Женщин — узниц монастырей в большинстве своем постригали в монахини. Делалось это по прямому указу сыска, насильно, что являлось грубейшим нарушением догматов церкви о святости добровольного пострижения. Если в 1698 г. царицу Евдокию больше трех месяцев уговаривали и в конце концов уговорили постричься, то позже с желанием узниц не считались. Указы о пострижении давала светская власть, и они были суровы и лаконичны: «Послать в Белозерский уезд, в Горский девичь монастырь и тамо ее постричь при унтер-офицере, которой ее повезет в тот монастырь, и давать ей по полуполтине на день, и велеть ей тамо потому ж быть неисходной» (указ верховников 4 апреля 1728 г. о Варваре Арсеньевой — 439, 102). Так же поступали и с другими знатными колодницами. В 1740 г. в Иркутске, в девичьем монастыре постригли несовершеннолетнюю дочь А.П. Волынского Анну: «Явился в церкви Знаменского монастыря архимандрит… Корнилий. За ним ввели в церковь под конвоем юную отроковицу в сопровождении фурьера и неизвестной пожилой, по-видимому, вдовы… Архимандрит приступил к обряду пострижения девушки.

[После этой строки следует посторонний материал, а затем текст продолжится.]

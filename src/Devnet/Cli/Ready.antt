-- ===== src/Devnet/Cli/Ready.antt =====
-- `init` keeps an existing data directory, and what it leaves can be started.
use tempo_py.Prelude.{
  ◌≡◌, refl, ap, ◌∙◌, Bool, true, false, not, inl, inr, ◌||◌, List, [], ◌∷◌, none, some, Exception,
  Result, ok, err, system_exit,
}
use tempo_py.Python.Bytes.{Str, codes}
use tempo_py.Devnet.Yaml.{Entries}
use tempo_py.Devnet.DevnetConfig.{DevnetData, DevnetConfig, new_devnet}
use tempo_py.Devnet.DevnetConfig.ToDict.{devnet_to_dict}
use tempo_py.Devnet.DevnetConfig.Genesis.{Ipaddress}
use tempo_py.Devnet.Backends.{tempo, get_backend, localnet_args}
use tempo_py.Devnet.Backends.Localnet.{
  DataDir, Generator, layout_pairs, generate_localnet-arranged, get_backend-tempo,
}
use tempo_py.Devnet.Layout.Moves.{AllApart, arranged}
use tempo_py.Devnet.Supervisor.Configured.{IsConfigured, generate_supervisor_config-IsConfigured}
use tempo_py.Devnet.Supervisor.Programs.{AllNew}
use tempo_py.Devnet.Supervisor.{Files, Ini, generate_supervisor_config}
use tempo_py.Devnet.Cli.{
  Host, Override, Home, Reader, checks, cmd_exists, ensure_tempo_bins, no_docker, overridden,
  new_dir, new_files,
}
use tempo_py.Devnet.Cli.Init.{
  Machine, absent, holding, unfinished, data_dir_exists, proceed, ◌>>=◌, empty_home, rmtree, mkdir,
  prepare, fill, init, tasks_ini, start, after_init, serve,
}
use tempo_py.Devnet.Cli.Monikers.{layout_pairs-AllNew}

module _ {ℓ} {D G : Type ℓ} (host : Host) (ip : Ipaddress) (generator : Generator D)
    (reader : Reader D G) (merge : G → Entries → G) where
  prepare_refuses :
      (machine : Machine (Home D G))
      → data_dir_exists machine ≡ true
      → prepare false machine ≡ (err system_exit, machine)
  unfolding prepare
  prepare_refuses machine there = rw there

  -- Without `force`, `init` leaves a machine that has the data directory as it was: whatever the
  -- configuration, the overrides of its attributes and the other arguments are, it ends with an exception, and the
  -- machine after it is the machine before it.
  pub init-refused :
      (loaded : Result DevnetData) (path : Str) (compose : Bool) (overrides : List Override)
      (machine : Machine (Home D G))
      → data_dir_exists machine ≡ true
      → (e : Exception) × (init host ip generator reader merge loaded path false compose overrides
            machine
          ≡ (err e, machine))
  unfolding init
  init-refused loaded path compose overrides machine there =
      go (checks host ip loaded compose overrides)
    where
      go :
          (checked : Result DevnetConfig)
          → (e : Exception) × (proceed
                (λ cfg. prepare false >>= fill host ip generator reader merge cfg path compose)
                (checked, machine)
              ≡ (err e, machine))
      go (err e) = (e, refl)
      go (ok cfg) = (system_exit, rw (prepare_refuses machine there) refl)

  -- What `init` leaves: every directory of the generator at its place, the configuration as it is
  -- saved, supervisord.ini with its programs and their scripts, and a daemon that can be started.
  pub record Starts (cfg : DevnetConfig) (path : Str) (made : DataDir D) (pairs : List (Str × Str))
      (outcome : Result (Unit {0}) × Machine (Home D G)) (served : Result (List Str)) : Type ℓ where
    pub home : Home D G
    pub returned : outcome ≡ (ok tt, holding home)
    pub placed : (name : Str) → home.layout.dirs name ≡ arranged made.dirs pairs name
    pub saved : home.saved ≡ some (devnet_to_dict cfg)
    pub configured :
        IsConfigured merge cfg
          (reader.enodes_of home.layout)
          path
          tempo
          (new_files (reader.genesis_of home.layout))
          home.files
    pub started :
        served
        ≡ ok (
            host.executable
            ∷ codes "-m"
            ∷ codes "supervisor.supervisord"
            ∷ codes "-c"
            ∷ host.join_path path (codes "supervisord.ini")
            ∷ [])

  checks_passed :
      (d : DevnetData) (c cfg : DevnetConfig) (overrides : List Override)
      → new_devnet d ≡ ok c
      → overridden ip c overrides ≡ ok cfg
      → get_backend cfg.backend ≡ ok tempo
      → cmd_exists host host.search_path cfg.tempo_xtask_bin ≡ true
      → cmd_exists host host.search_path cfg.tempo_bin ≡ true
      → checks host ip (ok d) false overrides ≡ ok cfg
  unfolding checks ensure_tempo_bins
  checks_passed d c cfg overrides e o b xtask node = rw (e, o, b, xtask, node) refl

  new_supervisor_config_lem :
      (cfg : DevnetConfig) (path : Str) (layout : DataDir D)
      → get_backend cfg.backend ≡ ok tempo
      → AllNew cfg.validators
      → (out : Files G) × (generate_supervisor_config merge cfg
            (reader.enodes_of layout)
            path
            true
            (new_files (reader.genesis_of layout))
          ≡ ok out)
        × IsConfigured merge cfg
            (reader.enodes_of layout)
            path
            tempo
            (new_files (reader.genesis_of layout))
            out
  new_supervisor_config_lem cfg path layout b new =
      elim (generate_supervisor_config-IsConfigured merge cfg (reader.enodes_of layout) path true
        (new_files (reader.genesis_of layout)) tempo b refl) [
          | inl (also, out, done, all) ↦ (out, done, all)
          | inr (clash, failed) ↦ absurd (clash new)
        ]

  start_lem :
      (path : Str) (home : Home D G) (ini : Ini)
      → home.files.ini ≡ some ini
      → start host path (holding home)
        ≡ ok (
            host.executable
            ∷ codes "-m"
            ∷ codes "supervisor.supervisord"
            ∷ codes "-c"
            ∷ host.join_path path (codes "supervisord.ini")
            ∷ [])
  unfolding start tasks_ini
  start_lem path home ini e = rw e refl

  prepare_makes :
      (force : Bool) (machine : Machine (Home D G))
      → (not (data_dir_exists machine) || force) ≡ true
      → prepare force machine ≡ (ok empty_home, holding empty_home)
  unfolding prepare rmtree mkdir
  prepare_makes force absent free = refl
  prepare_makes true (holding home) free = refl
  prepare_makes true (unfinished ini) free = refl
  prepare_makes false (holding home) free = cc
  prepare_makes false (unfinished ini) free = cc

  -- For a configuration of the backend tempo that the overrides make without an exception, whose
  -- binaries are on the PATH, where the data directory is new or `force` is given, the generator
  -- succeeds and writes a genesis.json, no two validators share an address or a moniker: `init`
  -- without a Compose file returns. Then every directory that the generator made is where the
  -- layout's description says, what is saved is what `to_dict` writes of the overridden configuration
  -- (which leaves out the names of the two binaries), supervisord.ini and the scripts are those of its
  -- validators, and `serve` goes on to run supervisord on that file.
  pub init-Starts :
      (d : DevnetData) (c cfg : DevnetConfig) (path : Str) (overrides : List Override)
      (force : Bool) (machine : Machine (Home D G)) (made : DataDir D) (pairs : List (Str × Str))
      → new_devnet d ≡ ok c
      → overridden ip c overrides ≡ ok cfg
      → cfg.backend ≡ codes "tempo"
      → cmd_exists host host.search_path cfg.tempo_xtask_bin ≡ true
      → cmd_exists host host.search_path cfg.tempo_bin ≡ true
      → (not (data_dir_exists machine) || force) ≡ true
      → generator.run (localnet_args tempo cfg path none) new_dir ≡ (0, made)
      → made.genesis ≡ true
      → layout_pairs ip cfg false 0 cfg.validators ≡ ok pairs
      → AllApart pairs
      → Starts cfg path made pairs
          (init host ip generator reader merge (ok d) path force false overrides machine)
          (serve host ip generator reader merge (ok d) path force false overrides machine)
  unfolding serve
  init-Starts d c cfg path overrides force machine made pairs e o bk xtask node free ran gen paired
        apart =
      let b = ap get_backend bk ∙ get_backend-tempo in
      let (layout, arranged_ok, _, placed) =
        generate_localnet-arranged ip generator cfg path none false new_dir made pairs bk ran gen
          paired apart in
      let (out, done, all) =
        new_supervisor_config_lem cfg path layout b
          (layout_pairs-AllNew ip cfg false 0 cfg.validators pairs paired apart) in
      let home : Home D G = record {
        layout = layout;
        saved = some (devnet_to_dict cfg);
        files = out;
        docker = no_docker;
      } in
      let filled : fill host ip generator reader merge cfg path false empty_home
            (holding empty_home)
          ≡ (ok tt, holding home) =
        rw (fill, arranged_ok, done) refl in
      let begun : init host ip generator reader merge (ok d) path force false overrides machine
          ≡ (ok tt, holding home) =
        rw
          (init, checks_passed d c cfg overrides e o b xtask node, prepare_makes force machine free)
          filled in
      record {
        home = home;
        returned = begun;
        placed = placed;
        saved = refl;
        configured = all;
        started = ap (after_init host path) begun ∙ start_lem path home _ all.0;
      }
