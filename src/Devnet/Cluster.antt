-- ===== src/Devnet/Cluster.antt =====
-- `ClusterCLI` of tempo/devnet/cluster.py: the processes under supervisord, and the addresses of the
-- nodes. The configuration is given; supervisord is a parameter with states `S`.
pub mod Supervised
pub mod Starting
pub mod Processes
pub mod Endpoints
pub mod Directories
use tempo_py.Prelude.{
  Bool, true, false, if◌then◌else◌, List, [], ◌∷◌, ◌++◌, ℕ, Result, ok, err, key_error, ◌>>=◌,
}
use tempo_py.Python.Bytes.{Str, codes, eqb}
use tempo_py.Devnet.Ports.{http_rpc_port, ws_rpc_port}
use tempo_py.Devnet.Config.{ValidatorConfig, FollowNodeConfig, PublicNodeConfig}
use tempo_py.Devnet.DevnetConfig.{DevnetConfig}
use tempo_py.Devnet.Backends.{socket_text}

-- The part of `getAllProcessInfo` that is read, one for each process.
pub record ProcessInfo : Type 0 where
  pub name : Str
  pub statename : Str

-- The calls of supervisord's XML-RPC interface.
pub record Supervisor {ℓ} (S : Type ℓ) : Type ℓ where
  pub get_all_process_info : S → Result (List ProcessInfo) × S
  pub start_process : Str → S → Result Bool × S
  pub stop_process : Str → S → Result Bool × S

-- Is the proxy there, and the state of supervisord.
pub record Cluster {ℓ} (S : Type ℓ) : Type ℓ where
  pub has_proxy : Bool
  pub system : S

module _ {ℓ} {S : Type ℓ} (supervisor : Supervisor S) where
  -- A call through the property `supervisor`, which makes the proxy.
  abbrev called {κ} : {R : Type κ} → Result R × S → Result R × Cluster S
  called (r, s) = (r, record { has_proxy = true; system = s })

  -- `status`, which drops the proxy where the call raises.
  unfoldable pub status : Cluster S → Result (List ProcessInfo) × Cluster S
  status cluster = answer (supervisor.get_all_process_info cluster.system)
    where
      answer : Result (List ProcessInfo) × S → Result (List ProcessInfo) × Cluster S
      answer (ok raw, s) = (ok raw, record { has_proxy = true; system = s })
      answer (err e, s) = (err e, record { has_proxy = false; system = s })

  unfoldable pub start_node : Str → Cluster S → Result Bool × Cluster S
  start_node moniker cluster = called (supervisor.start_process moniker cluster.system)

  unfoldable pub stop_node : Str → Cluster S → Result Bool × Cluster S
  stop_node moniker cluster = called (supervisor.stop_process moniker cluster.system)

  -- The next step of a loop, unless an exception was raised.
  abbrev pub continue {κ κ'} :
      {R : Type κ} {R' : Type κ'}
      → (R → Cluster S → Result R' × Cluster S)
      → Result R × Cluster S
      → Result R' × Cluster S
  continue next (ok r, cluster) = next r cluster
  continue next (err e, cluster) = (err e, cluster)

  unfoldable pub start_each : List ProcessInfo → Cluster S → Result Bool × Cluster S
  unfolding start_node
  start_each [] cluster = (ok true, cluster)
  start_each (info ∷ infos) cluster =
      if eqb info.statename (codes "STOPPED")
      then continue (λ started after. start_each infos after) (start_node info.name cluster)
      else start_each infos cluster

  -- `start_all`
  unfoldable pub start_all : Cluster S → Result Bool × Cluster S
  unfolding status start_each
  start_all cluster = continue start_each (status cluster)

  unfoldable pub stop_each : List ProcessInfo → Cluster S → Result Bool × Cluster S
  unfolding stop_node
  stop_each [] cluster = (ok true, cluster)
  stop_each (info ∷ infos) cluster =
      continue (λ stopped after. stop_each infos after) (stop_node info.name cluster)

  -- `stop_all`
  unfoldable pub stop_all : Cluster S → Result Bool × Cluster S
  unfolding status stop_each
  stop_all cluster = continue stop_each (status cluster)

  -- `restart_node`
  unfoldable pub restart_node : Str → Cluster S → Result Bool × Cluster S
  unfolding start_node stop_node
  restart_node moniker cluster =
      continue (λ stopped after. if stopped then start_node moniker after else (ok false, after))
        (stop_node moniker cluster)

-- `_find_rpc_endpoint`: its loop over follow nodes and then over public nodes,
unfoldable pub find_public : List PublicNodeConfig → Str → Result (Str × ℕ)
find_public [] moniker = err key_error
find_public (n ∷ ns) moniker =
    let rest = find_public ns moniker in
    if eqb n.moniker moniker then ok (codes "127.0.0.1", n.port) else rest

unfoldable pub find_follow : List FollowNodeConfig → List PublicNodeConfig → Str → Result (Str × ℕ)
find_follow [] ns moniker = find_public ns moniker
find_follow (f ∷ fs) ns moniker =
    let rest = find_follow fs ns moniker in
    if eqb f.moniker moniker then ok (codes "127.0.0.1", f.port) else rest

-- its loop over validators, and the whole.
unfoldable pub find_validator :
    List ValidatorConfig → List FollowNodeConfig → List PublicNodeConfig → Str → Result (Str × ℕ)
find_validator [] fs ns moniker = find_follow fs ns moniker
find_validator (v ∷ vs) fs ns moniker =
    let rest = find_validator vs fs ns moniker in
    if eqb v.moniker moniker then ok (v.host, v.base_port) else rest

unfoldable pub find_rpc_endpoint : DevnetConfig → Str → Result (Str × ℕ)
find_rpc_endpoint c moniker =
    find_validator c.validators c.docker.follow_nodes c.docker.public_nodes moniker

-- `node_rpc_url`
unfoldable pub node_rpc_url : DevnetConfig → Str → Result Str
node_rpc_url c moniker = do
  (host, base_port) ← find_rpc_endpoint c moniker
  ok (codes "http://" ++ socket_text host (http_rpc_port base_port))

-- `node_ws_url`
unfoldable pub node_ws_url : DevnetConfig → Str → Result Str
node_ws_url c moniker = do
  (host, base_port) ← find_rpc_endpoint c moniker
  ok (codes "ws://" ++ socket_text host (ws_rpc_port base_port))
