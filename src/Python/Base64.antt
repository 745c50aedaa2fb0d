-- ===== src/Python/Base64.antt =====
-- `base64.urlsafe_b64encode`, as RFC 4648 describes it, and `bytes.rstrip` of one byte.
pub mod Decode
use tempo_py.Prelude.{
  ℕ, ◌+◌, ◌-◌, ◌*◌, ◌/◌, ◌%◌, ◌==◌, Bool, true, false, ltb, if◌then◌else◌, List, [], ◌∷◌,
}
use tempo_py.Python.Bytes.{Bytes}

abbrev pub padding : ℕ
padding = b'='

-- The letter of six bits.
unfoldable pub letter : ℕ → ℕ
letter n =
    if ltb n 26
    then b'A' + n
    else if ltb n 52
    then b'a' + (n - 26)
    else if ltb n 62
    then b'0' + (n - 52)
    else if n == 62
    then b'-'
    else b'_'

unfoldable pub urlsafe_b64encode : Bytes → Bytes
unfolding letter
urlsafe_b64encode [] = []
urlsafe_b64encode (a ∷ []) = letter (a / 4) ∷ letter (a % 4 * 16) ∷ padding ∷ padding ∷ []
urlsafe_b64encode (a ∷ b ∷ []) =
    letter (a / 4) ∷ letter (a % 4 * 16 + b / 16) ∷ letter (b % 16 * 4) ∷ padding ∷ []
urlsafe_b64encode (a ∷ b ∷ c ∷ rest) =
    letter (a / 4)
    ∷ letter (a % 4 * 16 + b / 16)
    ∷ letter (b % 16 * 4 + c / 64)
    ∷ letter (c % 64)
    ∷ urlsafe_b64encode rest

abbrev pub prepend_unless : Bool → ℕ → Bytes → Bytes
prepend_unless drops x [] = if drops then [] else x ∷ []
prepend_unless drops x (y ∷ ys) = x ∷ y ∷ ys

-- `b.rstrip(c)`
unfoldable pub rstrip : ℕ → Bytes → Bytes
rstrip c [] = []
rstrip c (x ∷ xs) = prepend_unless (x == c) x (rstrip c xs)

На обычные вопросы об отречении от мира постригаемая оставалась безмолвною, но вопросы по чиноположению следовали один за другим, так и видно было, что в ответах не настояло необходимости. Безмолвную одели в иноческую мантию, покрыли куколем, переименовали из Анны Анисьею, дали в руки четки и обряд пострижения был окончен. Фурьер вручил постригавшему письменное удостоверение, что был очевидцем пострижения в монашество девицы Анны… и тут же сдал юную печальную инокиню игуменье под строжайший надсмотр и на вечное безисходное в монастыре заключение» (384). Другую дочь Волынского, Марию, привезли в Рождественский монастырь в Енисейске и в ноябре 1740 г. постригли там как старицу Марианну. Старице было не более 14 лет. 31 января 1741 г. пострижение это было признано незаконным, и дочери казненного Волынского возвратились в Москву (304, 166; 795, 304).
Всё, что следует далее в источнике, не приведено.